## Listed records:

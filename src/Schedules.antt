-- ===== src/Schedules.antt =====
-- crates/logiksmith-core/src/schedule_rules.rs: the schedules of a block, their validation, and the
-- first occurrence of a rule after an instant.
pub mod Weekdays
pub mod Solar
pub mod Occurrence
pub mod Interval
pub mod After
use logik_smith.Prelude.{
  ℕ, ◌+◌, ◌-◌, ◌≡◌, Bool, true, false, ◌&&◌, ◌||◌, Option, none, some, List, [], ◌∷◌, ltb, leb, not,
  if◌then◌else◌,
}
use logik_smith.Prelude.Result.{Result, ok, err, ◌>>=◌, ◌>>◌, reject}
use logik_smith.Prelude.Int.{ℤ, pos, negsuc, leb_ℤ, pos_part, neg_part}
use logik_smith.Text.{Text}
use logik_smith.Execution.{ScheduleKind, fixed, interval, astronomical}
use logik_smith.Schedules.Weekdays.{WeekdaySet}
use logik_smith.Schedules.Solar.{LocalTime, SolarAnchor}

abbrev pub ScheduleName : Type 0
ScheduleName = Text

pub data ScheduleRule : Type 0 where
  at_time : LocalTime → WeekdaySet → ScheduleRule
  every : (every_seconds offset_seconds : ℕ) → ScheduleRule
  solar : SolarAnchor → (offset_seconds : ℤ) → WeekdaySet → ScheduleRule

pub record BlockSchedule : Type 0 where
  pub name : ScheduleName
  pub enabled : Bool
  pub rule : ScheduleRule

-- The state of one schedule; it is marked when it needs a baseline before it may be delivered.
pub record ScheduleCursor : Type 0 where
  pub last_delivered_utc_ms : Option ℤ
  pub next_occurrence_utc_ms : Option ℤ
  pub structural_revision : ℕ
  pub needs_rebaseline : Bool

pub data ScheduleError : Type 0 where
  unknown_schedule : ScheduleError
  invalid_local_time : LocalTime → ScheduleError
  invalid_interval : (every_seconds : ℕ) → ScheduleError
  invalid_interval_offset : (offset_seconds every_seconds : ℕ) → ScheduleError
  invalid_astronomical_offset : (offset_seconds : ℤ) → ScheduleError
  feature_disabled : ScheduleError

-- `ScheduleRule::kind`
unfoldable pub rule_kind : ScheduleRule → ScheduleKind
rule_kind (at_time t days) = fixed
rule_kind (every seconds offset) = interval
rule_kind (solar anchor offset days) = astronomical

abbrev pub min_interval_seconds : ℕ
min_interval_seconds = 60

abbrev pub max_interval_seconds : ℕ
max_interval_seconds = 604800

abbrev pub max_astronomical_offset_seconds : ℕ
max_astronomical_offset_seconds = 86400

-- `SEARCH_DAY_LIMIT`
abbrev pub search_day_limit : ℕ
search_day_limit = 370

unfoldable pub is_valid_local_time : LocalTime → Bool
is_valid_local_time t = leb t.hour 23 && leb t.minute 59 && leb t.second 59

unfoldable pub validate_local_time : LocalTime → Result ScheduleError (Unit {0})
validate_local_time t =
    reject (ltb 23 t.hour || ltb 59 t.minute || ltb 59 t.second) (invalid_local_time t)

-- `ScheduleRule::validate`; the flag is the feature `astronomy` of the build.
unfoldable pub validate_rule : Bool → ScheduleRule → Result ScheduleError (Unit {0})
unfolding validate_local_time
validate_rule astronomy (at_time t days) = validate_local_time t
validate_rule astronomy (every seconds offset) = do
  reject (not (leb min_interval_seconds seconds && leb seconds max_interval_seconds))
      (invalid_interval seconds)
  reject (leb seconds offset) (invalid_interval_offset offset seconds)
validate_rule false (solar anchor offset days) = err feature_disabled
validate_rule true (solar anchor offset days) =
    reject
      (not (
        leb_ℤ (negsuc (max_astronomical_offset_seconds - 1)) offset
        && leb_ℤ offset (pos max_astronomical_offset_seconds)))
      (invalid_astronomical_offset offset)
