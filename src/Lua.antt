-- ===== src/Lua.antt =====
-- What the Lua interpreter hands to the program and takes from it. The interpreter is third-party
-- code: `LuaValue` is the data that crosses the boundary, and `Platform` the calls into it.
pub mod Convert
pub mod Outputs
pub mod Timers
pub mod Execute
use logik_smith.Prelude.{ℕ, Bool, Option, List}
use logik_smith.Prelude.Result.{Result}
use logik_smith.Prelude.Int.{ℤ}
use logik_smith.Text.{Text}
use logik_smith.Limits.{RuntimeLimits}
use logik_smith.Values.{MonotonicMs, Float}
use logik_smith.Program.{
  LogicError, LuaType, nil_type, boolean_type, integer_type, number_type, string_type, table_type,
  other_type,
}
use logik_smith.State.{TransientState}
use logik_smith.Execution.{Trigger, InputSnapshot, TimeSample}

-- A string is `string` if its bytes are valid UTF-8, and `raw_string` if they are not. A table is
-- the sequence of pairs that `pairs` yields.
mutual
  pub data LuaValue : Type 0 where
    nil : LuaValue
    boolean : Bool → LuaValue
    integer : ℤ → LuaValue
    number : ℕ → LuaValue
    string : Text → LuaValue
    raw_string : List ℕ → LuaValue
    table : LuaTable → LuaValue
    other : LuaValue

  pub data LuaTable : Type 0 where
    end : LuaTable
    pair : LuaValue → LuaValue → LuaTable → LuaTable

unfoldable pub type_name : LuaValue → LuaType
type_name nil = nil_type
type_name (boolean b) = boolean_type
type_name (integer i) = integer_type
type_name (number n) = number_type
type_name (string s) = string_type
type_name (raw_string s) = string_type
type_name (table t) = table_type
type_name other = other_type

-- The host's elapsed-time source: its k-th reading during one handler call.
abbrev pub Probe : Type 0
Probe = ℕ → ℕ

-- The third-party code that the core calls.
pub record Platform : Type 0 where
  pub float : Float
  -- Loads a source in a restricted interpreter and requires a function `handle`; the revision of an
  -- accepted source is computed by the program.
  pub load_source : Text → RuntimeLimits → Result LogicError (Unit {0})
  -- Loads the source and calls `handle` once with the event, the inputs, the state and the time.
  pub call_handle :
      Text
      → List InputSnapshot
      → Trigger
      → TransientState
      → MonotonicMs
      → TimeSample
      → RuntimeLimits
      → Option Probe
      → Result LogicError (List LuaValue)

## What you will do:
Output every record without changing any wording.

## Answer:
filename src/Schedules.antt
-- ===== src/Schedules.antt =====
-- crates/logiksmith-core/src/schedule_rules.rs: the schedules of a block, their validation, and the
-- first occurrence of a rule after an instant.
pub mod Weekdays
pub mod Solar
pub mod Occurrence
pub mod Interval
pub mod After
use logik_smith.Prelude.{
  ℕ, ◌+◌, ◌-◌, ◌≡◌, Bool, true, false, ◌&&◌, ◌||◌, Option, none, some, List, [], ◌∷◌, ltb, leb, not,
  if◌then◌else◌,
}
use logik_smith.Prelude.Result.{Result, ok, err, ◌>>=◌, ◌>>◌, reject}
use logik_smith.Prelude.Int.{ℤ, pos, negsuc, leb_ℤ, pos_part, neg_part}
use logik_smith.Text.{Text}
use logik_smith.Execution.{ScheduleKind, fixed, interval, astronomical}
use logik_smith.Schedules.Weekdays.{WeekdaySet}
use logik_smith.Schedules.Solar.{LocalTime, SolarAnchor}

abbrev pub ScheduleName : Type 0
ScheduleName = Text

pub data ScheduleRule : Type 0 where
  at_time : LocalTime → WeekdaySet → ScheduleRule
  every : (every_seconds offset_seconds : ℕ) → ScheduleRule
  solar : SolarAnchor → (offset_seconds : ℤ) → WeekdaySet → ScheduleRule

pub record BlockSchedule : Type 0 where
  pub name : ScheduleName
  pub enabled : Bool
  pub rule : ScheduleRule

-- The state of one schedule; it is marked when it needs a baseline before it may be delivered.
pub record ScheduleCursor : Type 0 where
  pub last_delivered_utc_ms : Option ℤ
  pub next_occurrence_utc_ms : Option ℤ
  pub structural_revision : ℕ
  pub needs_rebaseline : Bool

pub data ScheduleError : Type 0 where
  unknown_schedule : ScheduleError
  invalid_local_time : LocalTime → ScheduleError
  invalid_interval : (every_seconds : ℕ) → ScheduleError
  invalid_interval_offset : (offset_seconds every_seconds : ℕ) → ScheduleError
  invalid_astronomical_offset : (offset_seconds : ℤ) → ScheduleError
  feature_disabled : ScheduleError

-- `ScheduleRule::kind`
unfoldable pub rule_kind : ScheduleRule → ScheduleKind
rule_kind (at_time t days) = fixed
rule_kind (every seconds offset) = interval
rule_kind (solar anchor offset days) = astronomical

abbrev pub min_interval_seconds : ℕ
min_interval_seconds = 60

abbrev pub max_interval_seconds : ℕ
max_interval_seconds = 604800

abbrev pub max_astronomical_offset_seconds : ℕ
max_astronomical_offset_seconds = 86400

-- `SEARCH_DAY_LIMIT`
abbrev pub search_day_limit : ℕ
search_day_limit = 370

unfoldable pub is_valid_local_time : LocalTime → Bool
is_valid_local_time t = leb t.hour 23 && leb t.minute 59 && leb t.second 59

unfoldable pub validate_local_time : LocalTime → Result ScheduleError (Unit {0})
validate_local_time t =
    reject (ltb 23 t.hour || ltb 59 t.minute || ltb 59 t.second) (invalid_local_time t)

-- `ScheduleRule::validate`; the flag is the feature `astronomy` of the build.
unfoldable pub validate_rule : Bool → ScheduleRule → Result ScheduleError (Unit {0})
unfolding validate_local_time
validate_rule astronomy (at_time t days) = validate_local_time t
validate_rule astronomy (every seconds offset) = do
  reject (not (leb min_interval_seconds seconds && leb seconds max_interval_seconds))
      (invalid_interval seconds)
  reject (leb seconds offset) (invalid_interval_offset offset seconds)
validate_rule false (solar anchor offset days) = err feature_disabled
validate_rule true (solar anchor offset days) =
    reject
      (not (
        leb_ℤ (negsuc (max_astronomical_offset_seconds - 1)) offset
        && leb_ℤ offset (pos max_astronomical_offset_seconds)))
      (invalid_astronomical_offset offset)
filename src/Lua.antt
-- ===== src/Lua.antt =====
-- What the Lua interpreter hands to the program and takes from it. The interpreter is third-party
-- code: `LuaValue` is the data that crosses the boundary, and `Platform` the calls into it.
pub mod Convert
pub mod Outputs
pub mod Timers
pub mod Execute
use logik_smith.Prelude.{ℕ, Bool, Option, List}
use logik_smith.Prelude.Result.{Result}
use logik_smith.Prelude.Int.{ℤ}
use logik_smith.Text.{Text}
use logik_smith.Limits.{RuntimeLimits}
use logik_smith.Values.{MonotonicMs, Float}
use logik_smith.Program.{
  LogicError, LuaType, nil_type, boolean_type, integer_type, number_type, string_type, table_type,
  other_type,
}
use logik_smith.State.{TransientState}
use logik_smith.Execution.{Trigger, InputSnapshot, TimeSample}

-- A string is `string` if its bytes are valid UTF-8, and `raw_string` if they are not. A table is
-- the sequence of pairs that `pairs` yields.
mutual
  pub data LuaValue : Type 0 where
    nil : LuaValue
    boolean : Bool → LuaValue
    integer : ℤ → LuaValue
    number : ℕ → LuaValue
    string : Text → LuaValue
    raw_string : List ℕ → LuaValue
    table : LuaTable → LuaValue
    other : LuaValue

  pub data LuaTable : Type 0 where
    end : LuaTable
    pair : LuaValue → LuaValue → LuaTable → LuaTable

unfoldable pub type_name : LuaValue → LuaType
type_name nil = nil_type
type_name (boolean b) = boolean_type
type_name (integer i) = integer_type
type_name (number n) = number_type
type_name (string s) = string_type
type_name (raw_string s) = string_type
type_name (table t) = table_type
type_name other = other_type

-- The host's elapsed-time source: its k-th reading during one handler call.
abbrev pub Probe : Type 0
Probe = ℕ → ℕ

-- The third-party code that the core calls.
pub record Platform : Type 0 where
  pub float : Float
  -- Loads a source in a restricted interpreter and requires a function `handle`; the revision of an
  -- accepted source is computed by the program.
  pub load_source : Text → RuntimeLimits → Result LogicError (Unit {0})
  -- Loads the source and calls `handle` once with the event, the inputs, the state and the time.
  pub call_handle :
      Text
      → List InputSnapshot
      → Trigger
      → TransientState
      → MonotonicMs
      → TimeSample
      → RuntimeLimits
      → Option Probe
      → Result LogicError (List LuaValue)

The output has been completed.